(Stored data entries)
-- ===== src/VecMap/Walk.antt =====
-- Walks over the entries of src/util/vecmap.rs: `find_random_mapping_after` and `next_mapping`.
use reactor_rs.Common.{
  ℕ, zero, suc, ◌+◌, ◌≡◌, refl, ap, subst, lt, Option, none, some, [], ◌∷◌, true, false, arith,
  drop, get_elem?, Bool-cases, Option-cases, inl, inr,
}
use reactor_rs.Common.Ord.{Ord, ◌⊏◌, key_le, key_lt}
use reactor_rs.VecMap.{
  VecMap, Found, ok, err, KeyRef, key_at, find_random_mapping_after, next_mapping, scan_after,
  find_k,
}
use reactor_rs.VecMap.Sorted.{IsSorted, Above, Above-key_at}
use reactor_rs.VecMap.Reference.{lookup, is_found, is_found-shift}
use reactor_rs.VecMap.Laws.{lookup-Above}
use reactor_rs.VecMap.Search.{shift, locate, find_k-locate}

module _ {ℓ κ} {K : Type ℓ} {V : Type κ} where
  -- The first of the entries that start at index `n`.
  abbrev pub first : VecMap K V → ℕ → Option (KeyRef K × V)
  first [] n = none
  first ((k, v) ∷ m) n = some (record { key = k; min_idx = n }, v)

abbrev pub index_of : Found → ℕ
index_of (ok i) = i
index_of (err i) = i

pub index_of-shift : (r : Found) → index_of (shift r) ≡ suc (index_of r)
index_of-shift (ok i) = refl
index_of-shift (err i) = refl

module _ {ℓ κ} {K : Type ℓ} {V : Type κ} ⦃o : Ord K⦄ where
  -- The entries whose keys are not below `key`.
  abbrev pub suffix : VecMap K V → K → VecMap K V
  suffix [] key = []
  suffix ((k, v) ∷ m) key = elim (o.cmp k key) [ lt ↦ suffix m key | _ ↦ (k, v) ∷ m ]

  pub drop-locate : (m : VecMap K V) (key : K) → drop (index_of (locate m key)) m ≡ suffix m key
  unfolding locate
  drop-locate [] key = refl
  drop-locate ((k, v) ∷ m) key = ground (arith, drop-locate m key, index_of-shift (locate m key))

  lookup_head : (k : K) (v : V) (m : VecMap K V) → lookup ((k, v) ∷ m) k ≡ some v
  unfolding lookup
  lookup_head k v m = ground (arith, o.cmp_self k)

  lookup_below_head :
      (k : K) (v : V) (m : VecMap K V) (j : K) → Above k m → j ⊏ k → lookup ((k, v) ∷ m) j ≡ none
  unfolding lookup
  lookup_below_head k v m j a h = ground (arith, o.flip_lt j k)

  pub scan_after-Above : (m : VecMap K V) (n : ℕ) (k : K) → Above k m → scan_after m n k ≡ first m n
  unfolding scan_after
  scan_after-Above [] n k a = refl
  scan_after-Above ((j, v) ∷ m) n k a = ground arith

  -- The entries up to an index whose key is not above `key` are passed over.
  scan_after-drop :
      (m : VecMap K V) (i n : ℕ) (key : K) {k : K}
      → IsSorted m
      → key_at m i ≡ some k
      → key_le k key ≡ true
      → scan_after (drop i m) (n + i) key ≡ scan_after m n key
  unfolding scan_after
  scan_after-drop [] i n key s e c = ground arith
  scan_after-drop ((j, v) ∷ m) zero n key s e c = ground arith
  scan_after-drop ((j, v) ∷ m) (suc i) n key {k = k} s e c = ground (
    arith,
    scan_after-drop m i (n + 1) key s.1 e c,
    Above-key_at j m i s.0 e,
    o.chain j k key,
    o.same_of_eq k key,
    o.flip_lt j key,
  )

  -- Whatever the hint, and whichever map made it, `next_mapping` on a sorted map searches as from
  -- the front.
  pub next_mapping-scan_after :
      (m : VecMap K V) (r : KeyRef K) → IsSorted m → next_mapping m r ≡ scan_after m 0 r.key
  unfolding next_mapping
  next_mapping-scan_after m r s = elim (Option-cases (key_at m r.min_idx)) [
    | inl e ↦ ground arith
    | inr (k, e) ↦ ground (arith, scan_after-drop m r.min_idx 0 r.key s e)
  ]

  -- What a search above `key` may return on a map whose first index is `n`: the first entry above
  -- it, at its index, or nothing if there is none.
  abbrev pub Successor : VecMap K V → ℕ → K → Option (KeyRef K × V) → Type (ℓ ⊔ κ)
  Successor m n key none = (j : K) → key ⊏ j → lookup m j ≡ none
  Successor m n key (some (r, v)) =
      (i : ℕ) × (r.min_idx ≡ n + i)
      × (key_at m i ≡ some r.key)
      × (key ⊏ r.key)
      × (lookup m r.key ≡ some v)
      × ((j : K) → key ⊏ j → j ⊏ r.key → lookup m j ≡ none)

  lookup_past :
      (k : K) (v : V) (m : VecMap K V) (key j : K)
      → key_lt key k ≡ false
      → key ⊏ j
      → lookup ((k, v) ∷ m) j ≡ lookup m j
  unfolding lookup
  lookup_past k v m key j h c = ground (arith, o.chain k key j, o.same_of_eq key k, o.flip_gt key k)

  Successor-cons :
      (k : K) (v : V) (m : VecMap K V) (n : ℕ) (key : K) (r : Option (KeyRef K × V))
      → key_lt key k ≡ false
      → Successor m (n + 1) key r
      → Successor ((k, v) ∷ m) n key r
  Successor-cons k v m n key none h s = λ j c. rw (lookup_past k v m key j h c) (s j c)
  Successor-cons k v m n key (some (r, w)) h (i, at, here, above, reads, gap) = (
    suc i,
    omega arith,
    here,
    above,
    rw (lookup_past k v m key r.key h above) reads,
    λ j c d. rw (lookup_past k v m key j h c) (gap j c d),
  )

  scan_after-Successor :
      (m : VecMap K V) (n : ℕ) (key : K) → IsSorted m → Successor m n key (scan_after m n key)
  unfolding scan_after
  scan_after-Successor [] n key s = λ j c. nothing j
    where
      nothing : (j : K) → lookup {V = V} [] j ≡ none
      nothing j = lookup-Above [] j tt
  scan_after-Successor ((k, v) ∷ m) n key s = elim (Bool-cases (key_lt key k)) [
    | inl above ↦ rw above (
      0,
      omega arith,
      refl,
      ground arith,
      lookup_head k v m,
      λ j c d. lookup_below_head k v m j s.0 d,
    )
    | inr past ↦ rw past (
        Successor-cons k v m n key (scan_after m (n + 1) key) past
          (scan_after-Successor m (n + 1) key s.1))
  ]

  -- On a sorted map, and with any hint, `next_mapping` returns the entry of the least key above the
  -- hint's key, with its index; it returns nothing only if no key of the map is above.
  pub next_mapping-Successor :
      (m : VecMap K V) (r : KeyRef K) → IsSorted m → Successor m 0 r.key (next_mapping m r)
  next_mapping-Successor m r s =
      rw (next_mapping-scan_after m r s) (scan_after-Successor m 0 r.key s)

  IsSorted-drop : (m : VecMap K V) (i : ℕ) → IsSorted m → IsSorted (drop i m)
  IsSorted-drop m zero s = s
  IsSorted-drop [] (suc i) s = tt
  IsSorted-drop ((k, v) ∷ m) (suc i) s = IsSorted-drop m i s.1

  pub drop_suc :
      (m : VecMap K V) (i : ℕ) (e : K × V) (rest : VecMap K V)
      → drop i m ≡ e ∷ rest
      → (get_elem? m i ≡ some e) × (drop (i + 1) m ≡ rest)
  drop_suc [] zero e rest h = ground arith
  drop_suc [] (suc i) e rest h = ground arith
  drop_suc (f ∷ m) zero e rest h = ground arith
  drop_suc (f ∷ m) (suc i) e rest h = ground (arith, drop_suc m i e rest h)

  -- From the entry at an index of a sorted map, `next_mapping` steps to the entry behind it.
  pub next_mapping-drop :
      (m : VecMap K V) (i : ℕ) (k : K) (v : V) (rest : VecMap K V)
      → IsSorted m
      → drop i m ≡ (k, v) ∷ rest
      → next_mapping m (record { key = k; min_idx = i }) ≡ first rest (i + 1)
  unfolding next_mapping scan_after
  next_mapping-drop m i k v rest s e =
      let (here, _) = drop_suc m i (k, v) rest e in
      let sorted = subst IsSorted e (IsSorted-drop m i s) in
      ground (arith, o.cmp_self k, scan_after-Above rest (i + 1) k sorted.0)

  drop_nil : (m : VecMap K V) (i : ℕ) → drop i m ≡ [] → get_elem? m i ≡ none
  drop_nil [] i h = refl
  drop_nil (f ∷ m) zero h = ground arith
  drop_nil (f ∷ m) (suc i) h = drop_nil m i h

  suffix_head :
      (m : VecMap K V) (key k : K) (v : V) (rest : VecMap K V)
      → suffix m key ≡ (k, v) ∷ rest
      → key_le key k ≡ true
  suffix_head [] key k v rest e = ground arith
  suffix_head ((j, w) ∷ m) key k v rest e =
      ground (arith, suffix_head m key k v rest, o.flip_gt j key, o.same_of_eq j key, o.cmp_self j)

  suffix_found : (m : VecMap K V) (key : K) → is_found (locate m key) ≡ true → suffix m key ≡ [] → ⊥
  unfolding locate
  suffix_found [] key e f = cc
  suffix_found ((k, v) ∷ m) key e f =
      ground (arith, suffix_found m key, is_found-shift (locate m key))

  find_random_found :
      (m : VecMap K V) (key : K) (r : Found) (xs : VecMap K V)
      → find_k m key ≡ r
      → locate m key ≡ r
      → suffix m key ≡ xs
      → find_random_mapping_after m key ≡ some (first xs (index_of r))
  unfolding find_random_mapping_after
  find_random_found m key (ok i) [] f l e = absurd (suffix_found m key (ap is_found l) e)
  find_random_found m key (err i) [] f l e = ground (arith, drop_nil m i, drop-locate m key)
  find_random_found m key (ok i) ((k, v) ∷ rest) f l e =
      ground (arith, drop_suc m i (k, v) rest, drop-locate m key)
  find_random_found m key (err i) ((k, v) ∷ rest) f l e =
      ground (arith, drop_suc m i (k, v) rest, drop-locate m key, suffix_head m key k v rest e)

  -- On a sorted map `find_random_mapping_after` does not panic and returns the first of the entries
  -- whose keys are not below the given one.
  pub find_random_mapping_after-first :
      (m : VecMap K V) (key : K)
      → IsSorted m
      → find_random_mapping_after m key ≡ some (first (suffix m key) (index_of (locate m key)))
  find_random_mapping_after-first m key s =
      find_random_found m key (locate m key) (suffix m key) (find_k-locate m key s) refl refl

HOW TO COMPLETE THIS TASK — Which lines run from the one holding "key k ≡ true" through the one holding "ground (arith, suffix_head" in the records above? Repeat them exactly, both included, and nothing more.

ANSWER —
      → key_le key k ≡ true
  suffix_head [] key k v rest e = ground arith
  suffix_head ((j, w) ∷ m) key k v rest e =
      ground (arith, suffix_head m key k v rest, o.flip_gt j key, o.same_of_eq j key, o.cmp_self j)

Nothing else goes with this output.